▸ Supplied records
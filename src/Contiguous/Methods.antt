-- ===== src/Contiguous/Methods.antt =====
-- What `admit`, `append_block` and `take_scratch` of the contiguous oracle do.
use chip_hackathon_f.Prelude.{
  ℕ, zero, suc, ◌+◌, ◌-◌, ◌≤◌, ◌≡◌, refl, ap, inl, inr, true, none, some, List, [], ◌∷◌, ◌++◌,
  arith, leb, nat_eq, count, count-append, count-take-drop, count-range_from, take, drop,
  range_from, length, length-take, length-drop, length-range_from, Option-cases, All, ◌<◌,
}
use chip_hackathon_f.Dict.{get, put, weight, weight-put, weight-erase, get-put}
use chip_hackathon_f.Dict.Weights.{
  is_key, refs_of, is_dead, one, length-weight, get-none, refs-none,
}
use chip_hackathon_f.Exec.{
  Result, ok, err, admission_failure, value_error, Returns, returns, Returns-mono,
}
use chip_hackathon_f.Alloc.{SeqId, seq_id_eq, seq_id_beq_iff, Pool}
use chip_hackathon_f.Alloc.Invariant.{uses}
use chip_hackathon_f.Contiguous.{
  Extent, SpanState, lengths, carve, set_ones, place, admit, append_block, take_scratch,
}
use chip_hackathon_f.Contiguous.Extents.{Carved, carve-Carved, carve-none}
use chip_hackathon_f.Contiguous.Invariant.{SpanInv, Ones, set_ones-Ones}

-- The outcomes of an admission: a known sequence, every extent smaller than the footprint (both leave the
-- pool as it was), or a result that satisfies `Q`.
pub data SpanAdmission (k : SeqId) (n : ℕ) (s : Pool SpanState)
    (Q : List ℕ → Pool SpanState → Type 0) : Result (List ℕ) × Pool SpanState → Type 0 where
  duplicate :
      (table : List ℕ) → get k s.tables ≡ some table → SpanAdmission k n s Q (err value_error, s)
  fragmented :
      get k s.tables ≡ none
      → All (λ (x : Extent). x.size < n) s.placement.extents
      → SpanAdmission k n s Q (err admission_failure, s)
  admitted :
      {bs : List ℕ} {t : Pool SpanState}
      → get k s.tables ≡ none
      → Q bs t
      → SpanAdmission k n s Q (ok bs, t)

-- The table is the head of one run of consecutive blocks, the rest of which is reserved.
pub record Spanned (k : SeqId) (n total start : ℕ) (s : Pool SpanState) (bs : List ℕ)
    (t : Pool SpanState) : Type 0 where
  pub consecutive : bs ≡ range_from start n
  pub written : t.tables ≡ put k bs s.tables
  pub span : get k t.placement.spans ≡ some (record { start = start; size = total })

returned :
    {k : SeqId} {n : ℕ} {s : Pool SpanState} {Q : List ℕ → Pool SpanState → Type 0}
    {r : Result (List ℕ) × Pool SpanState}
    → get k s.tables ≡ none
    → Returns Q r
    → SpanAdmission k n s Q r
returned e (returns q) = admitted e q

take-range_from : (n m lo : ℕ) → n ≤ m → take n (range_from lo m) ≡ range_from lo n
take-range_from zero m lo h = refl
take-range_from (suc n) zero lo h = absurd (omega (arith, h))
take-range_from (suc n) (suc m) lo h = ap (◌∷◌ lo) (take-range_from n m (suc lo) (omega (arith, h)))

module _ {size : ℕ} where
  span_once :
      (held : List ℕ) (n total start : ℕ) (ys : List Extent) (s : Pool SpanState)
      → SpanInv size held [] s
      → Carved total s.placement.extents start ys
      → (x : ℕ) → weight (is_key x) s.refcount + count x (take n (range_from start total)) ≤ 1
  span_once held n total start ys s v c x = ground (
    arith,
    v.placed x,
    c.covers x,
    count-range_from x start total,
    count-take-drop x n (range_from start total),
  )

  place-SpanInv :
      (held : List ℕ) (k : SeqId) (n total start : ℕ) (ys : List Extent) (s : Pool SpanState)
      → SpanInv size held [] s
      → n ≤ total
      → get k s.tables ≡ none
      → get k s.placement.reserved ≡ none
      → Carved total s.placement.extents start ys
      → Returns
          (λ bs t. SpanInv size held [] t × Spanned k n total start s bs t)
          (place k n total (some (start, ys)) s)
  place-SpanInv held k n total start ys s v h fresh clear c =
      let span = range_from start total in
      let o : Ones (take n span) s.refcount (set_ones (take n span) s.refcount) =
        set_ones-Ones (take n span) s.refcount (span_once held n total start ys s v c) in
      returns (
        record {
          counted = λ b.
              ground
                (arith, v.counted b, o.refs b, weight-put (uses b) k (take n span) s.tables, fresh);
          placed = λ b. ground (
            arith,
            v.placed b,
            o.keys b,
            c.covers b,
            count-range_from b start total,
            count-take-drop b n span,
            weight-put (uses b) k (drop n span) s.placement.reserved,
            clear,
          );
          alone = λ b. ground (
            arith,
            v.alone b,
            o.refs b,
            span_once held n total start ys s v c b,
            refs-none b s.refcount,
          );
          alive = omega (arith, v.alive, o.dead);
          ledger =
              omega (arith, v.ledger, o.larger, length-take n span, length-range_from start total);
          whole = ground (
            arith,
            v.whole,
            o.larger,
            c.sizes,
            weight-put lengths k (drop n span) s.placement.reserved,
            clear,
            length-take n span,
            length-drop n span,
            length-range_from start total,
          );
          sized = v.sized;
        },
        record {
          consecutive = take-range_from n total start h;
          written = refl;
          span = ground (
            arith,
            get-put k k (record { start = start; size = total }) s.placement.spans,
            seq_id_beq_iff k k,
          );
        },
      )

  -- In a contiguous pool that satisfies the invariant, with no more prompt blocks than the footprint
  -- and nothing reserved for the sequence, `admit` either refuses (a sequence that has a table:
  -- ValueError; every free extent smaller than the whole footprint: AdmissionFailure) and the pool is
  -- unchanged, or it keeps the invariant, and the table is a run of consecutive blocks.
  pub contiguous_admit :
      (held : List ℕ) (k : SeqId) (n total : ℕ) (s : Pool SpanState)
      → SpanInv size held [] s
      → n ≤ total
      → get k s.placement.reserved ≡ none
      → SpanAdmission k total s
          (λ bs t. SpanInv size held [] t × ((start : ℕ) × Spanned k n total start s bs t))
          (admit k n total s)
  unfolding admit
  contiguous_admit held k n total s v h clear = elim (Option-cases (get k s.tables)) [
    | inr (table, e) ↦ rw e (duplicate table e)
    | inl e ↦ elim (Option-cases (carve total s.placement.extents)) [
      | inl f ↦ rw (e, f) (fragmented e (carve-none total s.placement.extents f))
      | inr ((start, ys), f) ↦
          rw (e, f)
            (returned e (
              Returns-mono
                (place-SpanInv held k n total start ys s v h e clear
                  (carve-Carved total s.placement.extents start ys f))
                (λ _ t (i, spanned). (i, (start, spanned)))))
    ]
  ]

  -- In a contiguous pool that satisfies the invariant, where the sequence has a table and a reserved
  -- block, `append_block` returns the first reserved
  -- block, writes it at the end of the table, keeps the rest reserved, and keeps the invariant.
  pub contiguous_append :
      (held : List ℕ) (k : SeqId) (b : ℕ) (rest table : List ℕ) (s : Pool SpanState)
      → SpanInv size held [] s
      → get k s.tables ≡ some table
      → get k s.placement.reserved ≡ some (b ∷ rest)
      → Returns
          (λ c t.
            SpanInv size held [] t
            × (c ≡ b)
            × (t.tables ≡ put k (table ++ b ∷ []) s.tables)
            × (t.placement.reserved ≡ put k rest s.placement.reserved))
          (append_block k s)
  unfolding append_block
  contiguous_append held k b rest table s v e r =
      let fresh : weight (is_key b) s.refcount ≡ 0 =
        ground (arith, v.placed b, weight-erase (uses b) k s.placement.reserved, r) in
      let absent : get b s.refcount ≡ none = get-none b s.refcount fresh in
      rw (r, e)
        (returns (
          record {
            counted = λ x. ground (
              arith,
              v.counted x,
              weight-put (refs_of x) b 1 s.refcount,
              absent,
              refs-none b s.refcount fresh,
              weight-put (uses x) k (table ++ b ∷ []) s.tables,
              e,
              count-append x table (b ∷ []),
            );
            placed = λ x. ground (
              arith,
              v.placed x,
              weight-put (is_key x) b 1 s.refcount,
              absent,
              weight-put (uses x) k rest s.placement.reserved,
              r,
            );
            alone = λ x. ground (
              arith,
              v.alone x,
              weight-put (refs_of x) b 1 s.refcount,
              absent,
              refs-none b s.refcount fresh,
            );
            alive = ground (arith, v.alive, weight-put is_dead b 1 s.refcount, absent);
            ledger = ground (
              arith,
              v.ledger,
              length-weight s.refcount,
              length-weight (put b 1 s.refcount),
              weight-put one b 1 s.refcount,
              absent,
            );
            whole = ground (
              arith,
              v.whole,
              length-weight s.refcount,
              length-weight (put b 1 s.refcount),
              weight-put one b 1 s.refcount,
              absent,
              weight-put lengths k rest s.placement.reserved,
              r,
            );
            sized = v.sized;
          },
          refl,
          refl,
          refl,
        ))

  -- In a contiguous pool that satisfies the invariant, where at least n blocks are reserved for the
  -- sequence, `take_scratch` hands the last n of them out: the
  -- caller holds them, the others stay reserved, and the invariant holds.
  pub contiguous_scratch :
      (held : List ℕ) (k : SeqId) (n : ℕ) (r : List ℕ) (s : Pool SpanState)
      → SpanInv size held [] s
      → get k s.placement.reserved ≡ some r
      → n ≤ length r
      → Returns
          (λ bs t.
            SpanInv size (bs ++ held) [] t
            × (length bs ≡ n)
            × (t.tables ≡ s.tables)
            × (t.placement.reserved ≡ put k (take (length r - n) r) s.placement.reserved))
          (take_scratch k n s)
  unfolding take_scratch
  contiguous_scratch held k n r s v e h =
      let fits : leb n (length r) ≡ true = ground arith in
      let last = drop (length r - n) r in
      let once : (x : ℕ) → weight (is_key x) s.refcount + count x last ≤ 1 = λ x. ground (
        arith,
        v.placed x,
        weight-erase (uses x) k s.placement.reserved,
        e,
        count-take-drop x (length r - n) r,
      ) in
      let o = set_ones-Ones last s.refcount once in
      rw (e, fits)
        (returns (
          record {
            counted = λ x. omega (arith, v.counted x, o.refs x, count-append x last held);
            placed = λ x. ground (
              arith,
              v.placed x,
              o.keys x,
              weight-put (uses x) k (take (length r - n) r) s.placement.reserved,
              e,
              count-take-drop x (length r - n) r,
            );
            alone = λ x. ground (arith, v.alone x, o.refs x, once x, refs-none x s.refcount);
            alive = omega (arith, v.alive, o.dead);
            ledger = omega (arith, v.ledger, o.larger, length-drop (length r - n) r, h);
            whole = ground (
              arith,
              v.whole,
              o.larger,
              weight-put lengths k (take (length r - n) r) s.placement.reserved,
              e,
              length-take (length r - n) r,
              length-drop (length r - n) r,
            );
            sized = v.sized;
          },
          omega (arith, length-drop (length r - n) r, h),
          refl,
          refl,
        ))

▸ Task requirements
Looking at the listing above, how many of its lines contain the string "unfolding"? Give the number alone.

▸ Reply
3